Start implementing applications and services for each phase. There are multiple criteria to consider before selecting a particular service.

Note that some services can be used in more than one phase. For example, Big Data Service has components that can be used in the ingest phase, the store phase, and the transform phase.

Ingest

  • Data Transfer Appliance: If migrating to OCI then you can use Data Transfer Service to migrage data, offline, to Object Storage.

  • Big Data Service: Big Data Service provides popular Hadoop components for data ingestion, including Kafka, Flume and Sqoop. Users can configure these tools based on their requirements. Kafka can be used for real time ingestion of events and data. For example, if users have events coming from their apps or server and they want to ingest events in real time then they can use Kafka and can write data to HDFS or Object Storage. Flume can be used to ingest streaming data into HDFS or Kafka topics. Sqoop is one of the most common Hadoop tools used to ingest data from structured datastores like relational databases and data warehouses.

Store

  • Big Data Service: BDS provides standard Hadoop components including HDFS and HBase. Data can be written to HDFS from Spark streaming, Spark batch, or any other jobs. HBase provides a non-relational distributed database that runs on top of HDFS. It can be used for storing large size datasets which are stored as key-value pairs. Data can be read and written to HBase from Spark jobs as part of ingestion or transformation.

  • Object Storage: OCI Object Storage service is an internet-scale, high-performance storage platform that offers reliable and cost-efficient data durability. It can store an unlimited amount of data of any content type, including analytic data and rich content like images and videos. In this pattern, Object Storage can be used as a general purpose blob store. Big Data Service and other services can read and write data from Object Storage.

Transform and Serve

  • Big Data Service (BDS): BDS offers Hadoop components like Spark and Hive that can be used to process data. Hive and Spark SQL can be used for running SQL queries on HDFS and Object Storage data. Once data is stored in HDFS or Object Storage, tables can be created by pointing to data and then any business intelligence (BI) tool or custom application can connect to these interfaces for running queries against data.
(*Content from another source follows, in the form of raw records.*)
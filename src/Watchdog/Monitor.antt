-- ===== src/Watchdog/Monitor.antt =====
-- src/watchdog/internal/health_monitor.py: how many pongs in a row each monitored host has missed,
-- and which hosts are revived. What answers a round of pings is an argument.
use tp_distribuidos_moneylau.Prelude.{
  ℕ, ◌+◌, ◌==◌, nat_eq, list_eq, leb, contains, Bool, true, false, not, ◌&&◌, ◌||◌, List, [], ◌∷◌,
  if◌then◌else◌, Dict, insert, get_or, get_or-insert, Distinct, ◌≡◌, refl, arith, inl, inr,
  Bool-cases, list_beq_iff,
}
use tp_distribuidos_moneylau.Prelude.Text.{Text}

module _ (max_retries : ℕ) where
  -- one turn of the loop of `_process_results`: the miss counts, and whether `_revive` is called
  unfoldable pub process_result : List Text → Text → Dict Text ℕ → Dict Text ℕ × Bool
  process_result responded node miss_count =
      if contains node responded
      then (insert node 0 miss_count, false)
      else (let counted = insert node (get_or node 0 miss_count + 1) miss_count in
          if leb max_retries (get_or node 0 counted)
          then (insert node 0 counted, true)
          else (counted, false))

  -- `_process_results`: the miss counts, and the hosts that are revived, in order
  unfoldable pub process_results : List Text → List Text → Dict Text ℕ → Dict Text ℕ × List Text
  unfolding process_result
  process_results [] responded miss_count = (miss_count, [])
  process_results (node ∷ hosts) responded miss_count =
      let (counted, revived) = process_result responded node miss_count in
      let (final, others) = process_results hosts responded counted in
      (final, if revived then node ∷ others else others)

  -- a host is due if it misses its pong for the `max_retries`-th time
  abbrev pub is_due : Text → List Text → Dict Text ℕ → Bool
  is_due node responded miss_count =
      not (contains node responded) && leb max_retries (get_or node 0 miss_count + 1)

  -- the miss count that a monitored host has after a round
  abbrev pub misses_after : Text → List Text → Dict Text ℕ → ℕ
  misses_after node responded miss_count =
      if contains node responded || is_due node responded miss_count
      then 0
      else get_or node 0 miss_count + 1

  process_result-misses :
      (responded : List Text) (node other : Text) (miss_count : Dict Text ℕ)
      → (get_or other 0 (process_result responded node miss_count).0 ≡ (
          if node == other
          then misses_after node responded miss_count
          else get_or other 0 miss_count))
        × ((process_result responded node miss_count).1 ≡ is_due node responded miss_count)
  unfolding process_result
  process_result-misses responded node other miss_count =
      let misses = get_or node 0 miss_count + 1 in
      ground (
        arith,
        get_or-insert other node 0 0 miss_count,
        get_or-insert other node misses 0 miss_count,
        get_or-insert node node misses 0 miss_count,
        get_or-insert other node 0 0 (insert node misses miss_count),
        list_beq_iff node node,
      )

  -- A round of the health monitor over distinct hosts: each monitored host's miss count starts
  -- again if it answered or is revived and else grows by one, no other count changes, and the
  -- revived hosts are exactly the monitored ones that did not answer and whose misses, with this
  -- one, reach the maximum of retries or are above it.
  pub process_results-misses :
      (hosts responded : List Text) (node : Text) (miss_count : Dict Text ℕ)
      → Distinct hosts
      → (get_or node 0 (process_results hosts responded miss_count).0 ≡ (
          if contains node hosts
          then misses_after node responded miss_count
          else get_or node 0 miss_count))
        × (contains node (process_results hosts responded miss_count).1
            ≡ (contains node hosts && is_due node responded miss_count))
  unfolding process_results contains
  process_results-misses [] responded node miss_count d = (refl, refl)
  process_results-misses (host ∷ hosts) responded node miss_count d =
      let (rest, due) =
        process_results-misses hosts responded node (process_result responded host miss_count).0
          d.1 in
      let (here, is) = process_result-misses responded host node miss_count in
      elim (Bool-cases (host == node)) [
        | inl same ↦
            let e = (list_beq_iff host node).0 same in ground (arith, list_beq_iff host node)
        | inr other ↦ ground (arith)
      ]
Users can write complex batch job in spark which might be processing large size data or can have very complex transformation with multiple stages. Spark can be used for implementing jobs for reading and writing from multiple sources including HDFS, HBase and Object Storage. Oracle Cloud SQL is an available add-on service that enables you to initiate Oracle SQL queries on data in HDFS, Kafka, and Oracle Object Storage.

BI, ML, Visualization, and Governance

  • Data Catalog: Use OCI Data Catalog service to harvest metadata from data sources across the Oracle Cloud Infrastructure ecosystem and on-premises to create an inventory of data assets. You can use it to create and manage enterprise glossaries with categories, subcategories, and business terms to build a taxonomy of business concepts with user-added tags to make search more productive. This helps with governance and makes it easier for data consumers to find the data they need for analytics.

  • Data Science: Data Science is a fully managed and serverless platform for data science teams to build, train, deploy and manage machine learning models in the Oracle Could Infrastructure. It provides data scientists with a collaborative, project-driven workspace with Jupyter notebooks and python centric tools, libraries and packages developed by open source community along with Oracle Accelerated Data Science Library. It integrates with the rest of the stack including Data Flow, Autonomous Data Warehouse, and Object Storage.

  • Oracle Analytics Cloud (OAC): OAC offers AI-powered self-service analytics capabilities for data preparation, discovery, and visualization; intelligent enterprise and ad hoc reporting together with augmented analysis; and natural language processing/generation.

Automate

After the system is implemented, you add automation by scheduling individual jobs, or by setting up one or more pipelines.

You can set up a workflow management tool such as Airflow or Oozie. Oozie is included and pre-configured when you set up a Big Data Service cluster.